Synthetic Voices with Rupal Patel of VocalID

VFH Episode 45

In this episode, Teri welcomes Rupal Patel, the founder and CEO of VocaliD, a voice AI company that creates custom synthetic voice personalities so that brands and individuals can be heard as themselves.

Rupal is also a professor at Northeastern University in Boston and has a background in speech science. VocaliD is looking at creating synthetic voices from voice recordings of real people.

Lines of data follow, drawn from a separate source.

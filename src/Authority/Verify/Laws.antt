-- ===== src/Authority/Verify/Laws.antt =====
-- What an accepted packet has shown.
use mathlib.Core.Bool.{false≢true}
use runtime_lab_core.Prelude.{
  String, ◌≡◌, refl, ◌∙◌, ap, ◌⊎◌, inl, inr, true, none, Option-cases, List, [], ◌∷◌, ok, >>=-eq-ok,
  ==_iff, arith, same_texts, same_texts-eq,
}
use runtime_lab_core.Json.{Value, str, arr, obj, Items, Fields, get, is_str, is_str-eq}
use runtime_lab_core.Json.Access.{get_in}
use runtime_lab_core.Hash.{Host}
use runtime_lab_core.Descriptors.Validator.{TextTools}
use runtime_lab_core.Authority.Bindings.{
  Artifact, task_id_of, payload_roots, packet_roots, payload_artifacts, packet_artifacts,
  same_artifacts, compute_descriptor_payload_hash, packet_hash, packet_id,
}
use runtime_lab_core.Authority.Verify.{
  Verification, rejected, verification, grants_allowed, grants_only_allowed, capability_codes,
  is_current, party_code, identity_code, binding_codes, verify_bound, verify_authority_packet,
}

same_artifacts-eq : (xs ys : List Artifact) → same_artifacts xs ys ≡ true → xs ≡ ys
same_artifacts-eq [] [] e = refl
same_artifacts-eq ((c, p) ∷ xs) ((d, q) ∷ ys) e =
    ground (arith, e, ==_iff c d, ==_iff p q, same_artifacts-eq xs ys)
same_artifacts-eq [] (y ∷ ys) e = absurd cc
same_artifacts-eq (x ∷ xs) [] e = absurd cc

capability_codes-granted :
    (v : Value)
    → capability_codes v ≡ []
    → (grants : Items) × (v ≡ arr grants)
      × (grants_allowed grants ≡ true)
      × (grants_only_allowed grants ≡ true)
unfolding capability_codes
capability_codes-granted (arr grants) e = (grants, refl, ground (arith, e), ground (arith, e))
capability_codes-granted _ e = absurd cc

-- What an accepted packet binds together: its own hash and id, its issuer and its subject, the epoch, the descriptor's
-- hash and task, the one capability, and the roots and the artifacts of the descriptor.
pub record IsAuthorised (h : Host) (packet payload : Fields) (hash : String) : Type 0 where
  pub sealed : get "payload_hash" packet ≡ str (packet_hash h packet)
  pub named : get "packet_id" packet ≡ str (packet_id h packet)
  pub issued :
      (get_in "identity_id" (get "issuer" packet) ≡ str "governance:runtime_lab")
      × (get_in "role" (get "issuer" packet) ≡ str "governance_authority")
  pub addressed :
      (get_in "actor_id" (get "subject" packet) ≡ str "actor:local_runtime")
      × (get_in "actor_type" (get "subject" packet) ≡ str "runtime_actor")
  pub current :
      (is_current (get "not_before" packet) ≡ true) × (is_current (get "expires_at" packet) ≡ true)
  pub describes : get_in "descriptor_hash" (get "task_binding" packet) ≡ str hash
  pub tasked : get_in "task_id" (get "task_binding" packet) ≡ str (task_id_of payload)
  pub grants : Items
  pub granting : get "capability_grants" packet ≡ arr grants
  pub granted : grants_allowed grants ≡ true
  pub granted_only : grants_only_allowed grants ≡ true
  pub roots_agree : packet_roots packet ≡ payload_roots payload
  pub artifacts_agree : packet_artifacts packet ≡ payload_artifacts payload

identity_code-passed :
    (h : Host) (packet : Fields)
    → identity_code h packet ≡ none
    → (is_str (get "payload_hash" packet) (packet_hash h packet) ≡ true)
      × (is_str (get "packet_id" packet) (packet_id h packet) ≡ true)
      × (is_str (get_in "identity_id" (get "issuer" packet)) "governance:runtime_lab" ≡ true)
      × (is_str (get_in "role" (get "issuer" packet)) "governance_authority" ≡ true)
      × (is_str (get_in "actor_id" (get "subject" packet)) "actor:local_runtime" ≡ true)
      × (is_str (get_in "actor_type" (get "subject" packet)) "runtime_actor" ≡ true)
      × (is_current (get "not_before" packet) ≡ true)
      × (is_current (get "expires_at" packet) ≡ true)
unfolding identity_code party_code
identity_code-passed h packet e = ground (arith, e)

binding_codes-passed :
    (packet payload : Fields) (hash : String)
    → binding_codes packet payload hash ≡ []
    → (is_str (get_in "descriptor_hash" (get "task_binding" packet)) hash ≡ true)
      × (is_str (get_in "task_id" (get "task_binding" packet)) (task_id_of payload) ≡ true)
      × (capability_codes (get "capability_grants" packet) ≡ [])
      × (same_texts (packet_roots packet) (payload_roots payload) ≡ true)
      × (same_artifacts (packet_artifacts packet) (payload_artifacts payload) ≡ true)
unfolding binding_codes
binding_codes-passed packet payload hash e = ground (arith, e)

pub codes-IsAuthorised :
    (h : Host) (packet payload : Fields) (hash : String)
    → identity_code h packet ≡ none
    → binding_codes packet payload hash ≡ []
    → IsAuthorised h packet payload hash
codes-IsAuthorised h packet payload hash e f =
    let (sealed, named, by, role, to, kind, from, until) = identity_code-passed h packet e in
    let (described, tasked, capable, roots, artifacts) =
      binding_codes-passed packet payload hash f in
    let (grants, granting, granted, only) =
      capability_codes-granted (get "capability_grants" packet) capable in
    record {
      sealed = is_str-eq (get "payload_hash" packet) (packet_hash h packet) sealed;
      named = is_str-eq (get "packet_id" packet) (packet_id h packet) named;
      issued = (
        is_str-eq (get_in "identity_id" (get "issuer" packet)) _ by,
        is_str-eq (get_in "role" (get "issuer" packet)) _ role,
      );
      addressed = (
        is_str-eq (get_in "actor_id" (get "subject" packet)) _ to,
        is_str-eq (get_in "actor_type" (get "subject" packet)) _ kind,
      );
      current = (from, until);
      describes = is_str-eq (get_in "descriptor_hash" (get "task_binding" packet)) hash described;
      tasked = is_str-eq (get_in "task_id" (get "task_binding" packet)) (task_id_of payload) tasked;
      grants = grants;
      granting = granting;
      granted = granted;
      granted_only = only;
      roots_agree = same_texts-eq (packet_roots packet) (payload_roots payload) roots;
      artifacts_agree =
          same_artifacts-eq (packet_artifacts packet) (payload_artifacts payload) artifacts;
    }

verification-accepted :
    (packet : Fields) (verdict : List String)
    → (verification packet verdict).accepted ≡ true
    → verdict ≡ []
verification-accepted packet [] e = refl
verification-accepted packet (code ∷ codes) e = absurd cc

pub ok_injective : {A : Type 0} (a b : A) → ok a ≡ ok b → a ≡ b
ok_injective a b e = cc

pub verify_bound-IsAuthorised :
    (h : Host) (packet payload : Fields) (hash : String)
    → (verify_bound h packet payload hash).accepted ≡ true
    → IsAuthorised h packet payload hash
unfolding verify_bound
verify_bound-IsAuthorised h packet payload hash e = elim (Option-cases (identity_code h packet)) [
  | inl passed ↦ codes-IsAuthorised h packet payload hash passed (
      verification-accepted packet (binding_codes packet payload hash)
        (rw (passed, verify_bound) at e))
  | inr (code, failed) ↦ absurd (false≢true (rw (failed, verify_bound) at e))
]

module _ (h : Host) (tools : TextTools) where
  -- The three ways in which a verification returns.
  verify_authority_packet-cases :
      (packet payload : Fields) (outcome : Verification)
      → verify_authority_packet h tools (obj packet) payload ≡ ok outcome
      → ((code : String) × (rejected packet (code ∷ []) ≡ outcome))
        ⊎ ((hash : String) × (identity_code h packet ≡ none)
            × (compute_descriptor_payload_hash h tools payload ≡ ok hash)
            × (verification packet (binding_codes packet payload hash) ≡ outcome))
  unfolding verify_authority_packet
  verify_authority_packet-cases packet payload outcome e =
      elim (Option-cases (identity_code h packet)) [
        | inl passed ↦
            let (hash, taken, made) =
              >>=-eq-ok (compute_descriptor_payload_hash h tools payload) _
                (rw (passed, verify_authority_packet) at e) in
            inr (hash, passed, taken, ok_injective _ outcome made)
        | inr (code, failed) ↦
            inl (code, ok_injective _ outcome (rw (failed, verify_authority_packet) at e))
      ]

  -- A packet that is accepted for a descriptor binds the hash that the validated descriptor has.
  pub verify_authority_packet-IsAuthorised :
      (packet payload : Fields) (outcome : Verification)
      → verify_authority_packet h tools (obj packet) payload ≡ ok outcome
      → outcome.accepted ≡ true
      → (hash : String) × (compute_descriptor_payload_hash h tools payload ≡ ok hash)
        × IsAuthorised h packet payload hash
  verify_authority_packet-IsAuthorised packet payload outcome e accepted =
      elim (verify_authority_packet-cases packet payload outcome e) [
        | inl (code, made) ↦
            absurd (false≢true (ap (λ (o : Verification). o.accepted) made ∙ accepted))
        | inr (hash, passed, taken, made) ↦
            let free = ap (λ (o : Verification). o.accepted) made ∙ accepted in
            (
              hash,
              taken,
              codes-IsAuthorised h packet payload hash passed
                  (verification-accepted packet (binding_codes packet payload hash) free),
            )
      ]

They are able to produce synthetic voices that are so life-like that it’s actually being used as a way for a person that does not have a voice, or is going to lose their voice, to be able to still have a voice.

Key points from Rupal!

Learning about how people produce speech and using that basic science to develop new technologies that can help and assist people with impaired speech in learning how to speak and cope with their speech disorders.

Transitioning into Voice Technology

At Northeastern University, she works in speech and hearing sciences.
Her earlier work was in developing assistive technologies, but in the last few years or so, she has also been working on learning technologies.

The Origin of VocaliD

It’s a project she started in her lab in 2007. It brought together the basic speech science and the design of assistive technology. Her lab at Northeastern University is called the Communication Analysis and Design Laboratory. She’s been on leave from the university for the last few years.
VocaliD started because they found that people who couldn’t speak clearly had severe neurological disorders in speech production, but they realized that they could still be able to control certain aspects of the voice (the prosody of one’s voice),
She found that most people with speech impairment had to use assistive technologies to communicate because their speech wasn’t clear enough to interact with people who weren’t familiar with them.
The voices that were used on the assistive technologies were very few, so Rupal saw an opportunity to develop customized synthetic voices to fit each individual.

VocaliD’s Current Work

They moved out of the lab at Northeastern in 2015 and got some funding from the government (National Science Foundation and National Institute of Health) to take the laboratory-based science and turn it into commercial products.
Between 2015 and 2017, they were focused on getting that technology ready to be used and integrated with existing assistive technologies, and focusing more on users of assistive technologies.
They kept refining the technology and the custom voices they were creating, and by 2018 they started seeing more interest from broader market applications (apps that talk, that didn’t want to sound the same as Alexa or Siri).
They are now working with companies across a variety of different verticals that are interested in creating a custom voice identity for their product or brand.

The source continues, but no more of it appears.